A few days back there was this article in Reuters “Samsung’s advanced TVs go missing en route to Berlin” – big deal? Well presumably so – because it’s being suspected as a case of industrial espionage – “… it may have been a theft aimed at stealing the advanced TV technology, whose loss could cost the firm billions of dollars.” Just to set the background these sets have gone missing while on their way to the IFA consumer electronics trade show which opened to the public on Aug. 31 (and ran till Sept. 5) in Berlin. Samsung’s advanced OLED TV’s that were being debuted in this show were touted as the successor to LCD TV’s with a rumored price tag of $10,000 for the 55-inch model.

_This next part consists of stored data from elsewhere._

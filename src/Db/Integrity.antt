-- ===== src/Db/Integrity.antt =====
-- The invariant of the tables of crates/oxidarr-db/migrations, and that each statement of the
-- repositories keeps it.
pub mod Indexers
pub mod Applications
use oxidarr.Common.{
  ℕ, suc, ◌+◌, ◌≤◌, ◌≡◌, refl, String, Bool, true, false, not, ◌&&◌, ◌||◌, List, [], ◌∷◌, ◌++◌, map,
  any, filter, length, All, All-append, arith, ◌==◌, ==_iff, Text, text_eq, if◌then◌else◌,
  Bool-cases, inl, inr, subst,
}
use oxidarr.Common.Unique.{any-append, any-filter}
use oxidarr.Common.NoTwo.{
  NoTwo, any-filter-false, NoTwo-filter, NoTwo-append, NoTwo-map, All-filter, All-imp, All-map,
  NoTwo-rename,
}
use oxidarr.Common.Int.{ℤ}
use oxidarr.Common.Outcome.{Outcome, ok, err}
use oxidarr.Db.Kinds.{SqlxError}
use oxidarr.Db.Rows.{
  StoredIndexer, StoredApplication, StoredMapping, MappingRow, NewIndexer, IndexerRow,
  NewApplication, ApplicationRow,
}
use oxidarr.Db.Conn.{Tables}
use oxidarr.Db.Mappings.{is_pair, has_app, has_indexer, upsert, remove_pair, overwrite, to_stored}

abbrev pub same_pair : StoredMapping → StoredMapping → Bool
same_pair m = is_pair m.app_id m.indexer_id

abbrev pub same_indexer : StoredIndexer → StoredIndexer → Bool
same_indexer r s = s.id == r.id

abbrev pub same_application : StoredApplication → StoredApplication → Bool
same_application r s = s.id == r.id

abbrev pub Linked : Tables → StoredMapping → Type 0
Linked t m = (has_app t m.app_id ≡ true) × (has_indexer t m.indexer_id ≡ true)

-- Ids and names are unique, no id is above its AUTOINCREMENT counter, a pair has one mapping, and
-- each mapping names an application and an indexer that are there.
pub record IsIntact (t : Tables) : Type 0 where
  pub indexer_ids : NoTwo same_indexer t.indexers
  pub indexer_bound : All (λ r. r.id ≤ t.last_indexer) t.indexers
  pub indexer_names : NoTwo (λ r s. text_eq s.name r.name) t.indexers
  pub application_ids : NoTwo same_application t.applications
  pub application_bound : All (λ r. r.id ≤ t.last_application) t.applications
  pub application_names : NoTwo (λ r s. text_eq s.name r.name) t.applications
  pub pairs : NoTwo same_pair t.mappings
  pub links : All (Linked t) t.mappings

any-overwrite :
    (row : MappingRow) (app indexer : ℕ) (ms : List StoredMapping)
    → any (is_pair app indexer) (overwrite row ms) ≡ any (is_pair app indexer) ms
unfolding overwrite
any-overwrite row app indexer [] = refl
any-overwrite row app indexer (m ∷ rest) = ground (arith, any-overwrite row app indexer rest)

NoTwo-overwrite :
    (row : MappingRow) (ms : List StoredMapping)
    → NoTwo same_pair ms
    → NoTwo same_pair (overwrite row ms)
unfolding overwrite
NoTwo-overwrite row [] d = tt
NoTwo-overwrite row (m ∷ rest) d =
    ground (arith, any-overwrite row m.app_id m.indexer_id rest, NoTwo-overwrite row rest d.1)

All-overwrite :
    (t : Tables) (row : MappingRow) (ms : List StoredMapping)
    → All (Linked t) ms
    → All (Linked t) (overwrite row ms)
unfolding overwrite
All-overwrite t row [] a = tt
All-overwrite t row (m ∷ rest) a = ground (arith, All-overwrite t row rest a.1)

appended_pair :
    (row : MappingRow) (ms : List StoredMapping)
    → any (is_pair row.app_id row.indexer_id) ms ≡ false
    → any (λ m. same_pair m (to_stored row)) ms ≡ false
appended_pair row [] h = refl
appended_pair row (m ∷ rest) h = ground (arith, appended_pair row rest)

-- `MappingRepo::set` keeps the invariant: a new row needs both of the rows that it refers to.
pub upsert-IsIntact :
    (row : MappingRow) (t : Tables) (u : Unit {0}) (t' : Tables)
    → IsIntact t
    → upsert row t ≡ ok (u, t')
    → IsIntact t'
unfolding upsert
upsert-IsIntact row t u t' i h =
    elim (Bool-cases (any (is_pair row.app_id row.indexer_id) t.mappings)) [
      | inl e ↦ subst IsIntact (ground (arith, h, e)) (
          rebuilt (overwrite row t.mappings) (NoTwo-overwrite row t.mappings i.pairs)
            (All-overwrite t row t.mappings i.links))
      | inr e ↦ elim (Bool-cases (has_app t row.app_id && has_indexer t row.indexer_id)) [
        | inl there ↦ subst IsIntact (ground (arith, h, e, there)) (
            rebuilt (t.mappings ++ to_stored row ∷ [])
              (NoTwo-append same_pair t.mappings (to_stored row) i.pairs
                (appended_pair row t.mappings e))
              (All-append (Linked t) t.mappings (to_stored row ∷ []) i.links
                (ground (arith, there))))
        | inr missing ↦ absurd (ground (arith, h, e, missing))
      ]
    ]
  where
    rebuilt :
        (ms : List StoredMapping)
        → NoTwo same_pair ms
        → All (Linked t) ms
        → IsIntact (record t { mappings = ms })
    rebuilt ms d a = record {
      indexer_ids = i.indexer_ids;
      indexer_bound = i.indexer_bound;
      indexer_names = i.indexer_names;
      application_ids = i.application_ids;
      application_bound = i.application_bound;
      application_names = i.application_names;
      pairs = d;
      links = a;
    }

-- `MappingRepo::delete` keeps the invariant.
pub remove_pair-IsIntact :
    (app indexer : ℕ) (t : Tables) (u : Unit {0}) (t' : Tables)
    → IsIntact t
    → remove_pair app indexer t ≡ ok (u, t')
    → IsIntact t'
unfolding remove_pair
remove_pair-IsIntact app indexer t u t' i h =
    subst IsIntact
      {x = record t { mappings = filter (λ m. not (is_pair app indexer m)) t.mappings }}
      (ground (arith, h))
      (record {
        indexer_ids = i.indexer_ids;
        indexer_bound = i.indexer_bound;
        indexer_names = i.indexer_names;
        application_ids = i.application_ids;
        application_bound = i.application_bound;
        application_names = i.application_names;
        pairs = NoTwo-filter same_pair (λ m. not (is_pair app indexer m)) t.mappings i.pairs;
        links = All-filter (Linked t) (Linked t) _ t.mappings (λ m l _. l) i.links;
      })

Investopedia explains “Industrial Espionage” as “…describes covert activities, such as the theft of trade secrets, bribery, blackmail and technological surveillance. Industrial espionage is most commonly associated with technology-heavy industries, particularly the computer and auto sectors, in which a significant amount of money is spent on research and development (R&D).” The Independent in its recent article “The art of industrial espionage” puts this succinctly as “…in a world where the biggest corporations easily outstrip the GDPs of small nations, corporate intelligence is almost as grand a game as its government-run counterpart”. In the US the situation is so bad that the FBI has stepped in with a new campaign that targets corporate espionage. The Office of the National Counterintelligence Executive in its October 2011 report to the US Congress on Foreign Economic Collection and Industrial Espionage, 2009-2011 reveals some startling figures:
- Estimates on the losses (to the US economy) from economic espionage range so widely as to be meaningless—from $2 billion to $400 billion or more a year—reflecting the scarcity of data and the variety of methods used to calculate losses.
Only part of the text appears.